On the classical complexity of quantum interference of indistinguishable bosons

Boson Sampling idea of Aaronson & Arkhipov [1] links sampling from the output distribution of the many-body quantum interference of $N$ indistinguishable single bosons on a unitary linear $M$-port chosen at random from the Haar measure and a mathematical problem of estimating matrix permanents of matrices with elements being independent identically distributed complex Gaussian random variables. The relation is due the fact that in the so-called no-collision regime, with at least $M\gg N^2$, when an output port receives at most a singe boson [2], matrix elements of a unitary network are approximated by independent identically distributed complex Gaussian random variables. Under plausible conjectures a classical simulation of the above sampling task to a given error $ϵ$ with the computations polynomial in $N$ and $1/ϵ$ is impossible [1]. The amplitudes of $N$-boson interferences are given as matrix permanents of $N$-dimensional submatrices of a unitary network matrix [3, 4], whose computation is believed to be classically hard [5, 6]. The fastest known algorithms [7, 8] compute a matrix permanent of an arbitrary matrix in $O\left(N{2}^N\right)$ computations.
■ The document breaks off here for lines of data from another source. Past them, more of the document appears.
-- ===== src/Sync/Channel.antt =====
-- The channels of src/sync_primitives.rs. The queue of the standard library's mpsc channel is a list,
-- first in first out; its sending side is there while the entry keeps a sender or a call holds a copy
-- of it. What threads do at one channel is in the children.
pub mod Payload
pub mod Traffic
pub mod Select
pub mod Calls
use mux_runtime.Common.{
  ℕ, zero, suc, ◌+◌, ◌-◌, Bool, true, false, ◌&&◌, not, ltb, leb, ◌==◌, if◌then◌else◌, Option, none,
  some, List, [], ◌∷◌, ◌++◌, length, Result, ok, err,
}
use mux_runtime.Common.Int.{ℤ, pos, negsuc}
use mux_runtime.Sync.Handles.{
  SyncError, capacity_out_of_range, channel_closed, negative_timeout, send_cancelled,
  receive_cancelled, Handle, Registry, new_counted, new_raw_counted,
}
use mux_runtime.Sync.Atomic.{Outcome, Done}

-- `ChannelEntry`: the queue, its capacity, whether the entry has its sender, how many calls hold a copy
-- of the sender, and the flag `closed`
pub record Channel (V : Type 0) : Type 0 where
  pub queue : List V
  pub capacity : Option ℕ
  pub open_ : Bool
  pub senders : ℕ
  pub closed : Bool

-- what a look into the queue finds
pub data Received (V : Type 0) : Type 0 where
  value : V → Received V
  empty : Received V
  hung_up : Received V

module _ {V : Type 0} where
  abbrev pub empty_channel : Option ℕ → Channel V
  empty_channel cap = record {
    queue = [];
    capacity = cap;
    open_ = true;
    senders = 0;
    closed = false;
  }

  unfoldable pub channel_new_unbounded :
      Bool → Registry (Channel V) → Option ℕ × Registry (Channel V)
  unfolding new_raw_counted
  channel_new_unbounded allocated r = new_raw_counted allocated (empty_channel none) r

  unfoldable pub channel_new_bounded :
      Bool → ℤ → Registry (Channel V) → Outcome ℕ × Registry (Channel V)
  unfolding new_counted
  channel_new_bounded allocated (negsuc n) r = (err capacity_out_of_range, r)
  channel_new_bounded allocated (pos n) r =
      if leb 1 n && leb n 16777216
      then new_counted allocated (empty_channel (some n)) r
      else (err capacity_out_of_range, r)

  -- `channel_sender`: a copy of the sender
  unfoldable pub channel_sender : Channel V → Outcome (Channel V)
  channel_sender c =
      if c.open_ then ok (record c { senders = c.senders + 1 }) else err channel_closed

  -- the copy of the sender is dropped
  unfoldable pub drop_sender : Channel V → Channel V
  drop_sender c = record c { senders = c.senders - 1 }

  -- Is there room for one more value?
  unfoldable pub has_room : Channel V → Bool
  has_room c = elim c.capacity [ none ↦ true | some cap ↦ ltb (length c.queue) cap ]

  unfoldable pub push : V → Channel V → Channel V
  push v c = record c { queue = c.queue ++ v ∷ [] }

  -- one `send` or `try_send` with the copy of the sender: whether the value was taken
  unfoldable pub offer : V → Channel V → Channel V × Bool
  unfolding has_room push
  offer v c = if has_room c then (push v c, true) else (c, false)

  -- `mux_channel_try_send` behind the checks of its arguments
  unfoldable pub try_send : V → Channel V → Channel V × Outcome Bool
  unfolding channel_sender drop_sender offer
  try_send v c = elim (channel_sender c) [
    | err e ↦ (c, err e)
    | ok c' ↦ let (d, sent) = offer v c' in (drop_sender d, ok sent)
  ]

  -- No sender is left.
  unfoldable pub disconnected : Channel V → Bool
  disconnected c = not c.open_ && (c.senders == 0)

  -- `Receiver::try_recv`
  unfoldable pub receive_from : List V → Channel V → Received V × Channel V
  unfolding disconnected
  receive_from (v ∷ vs) c = (value v, record c { queue = vs })
  receive_from [] c = if disconnected c then (hung_up, c) else (empty, c)

  -- A receive that found the channel hung up sets `closed`; `recv` and `recv_timeout` do the same once
  -- their wait is over.
  unfoldable pub after_receive : Received V × Channel V → Option V × Channel V
  after_receive (value v, c) = (some v, c)
  after_receive (empty, c) = (none, c)
  after_receive (hung_up, c) = (none, record c { closed = true })

  unfoldable pub try_recv : Channel V → Option V × Channel V
  unfolding receive_from after_receive
  try_recv c = after_receive (receive_from c.queue c)

  unfoldable pub close : Channel V → Channel V
  close c = record c { closed = true; open_ = false }

  unfoldable pub is_closed : Channel V → Bool
  is_closed c = c.closed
In contrast, distinguishable bosons (classical particles) result in an output probability distribution expressed as matrix permanents of positive matrices, which can be estimated polynomially in $N,1/ϵ$ [9].

Boson Sampling, is among several proposals [10, 11, 12, 13] considered for the quantum supremacy demonstration, i.e., demonstration of a provable computational advantage of a quantum system over digital computers [14], the first step on the way of using the computational advantage promised by quantum mechanics [15, 16]. The importance of such a demonstration cannot be underestimated in view of the opposite hypothesis [17].

Boson Sampling can be easier than the universal quantum computation [18] implemented with linear optics, since it requires neither interaction between photons nor error correction schemes, the proof of principle experiments [19, 20, 21, 22] followed the initial idea, moreover, improvements and advances are constantly reported [23, 24, 25, 26, 27, 28, 29]. Moreover, alternative platforms include ion traps [30], superconducting qubits [31], neutral atoms in optical lattices [32] and dynamic Casimir effect [33]. On the other hand, inevitable experimental imperfections can allow for efficient classical simulations algorithms [34, 35, 36, 37, 38], with current optical platform offering only a finite-size window for the quantum supremacy demonstration with Boson Sampling due to scaling up of boson losses with the size of a planar optical network [37].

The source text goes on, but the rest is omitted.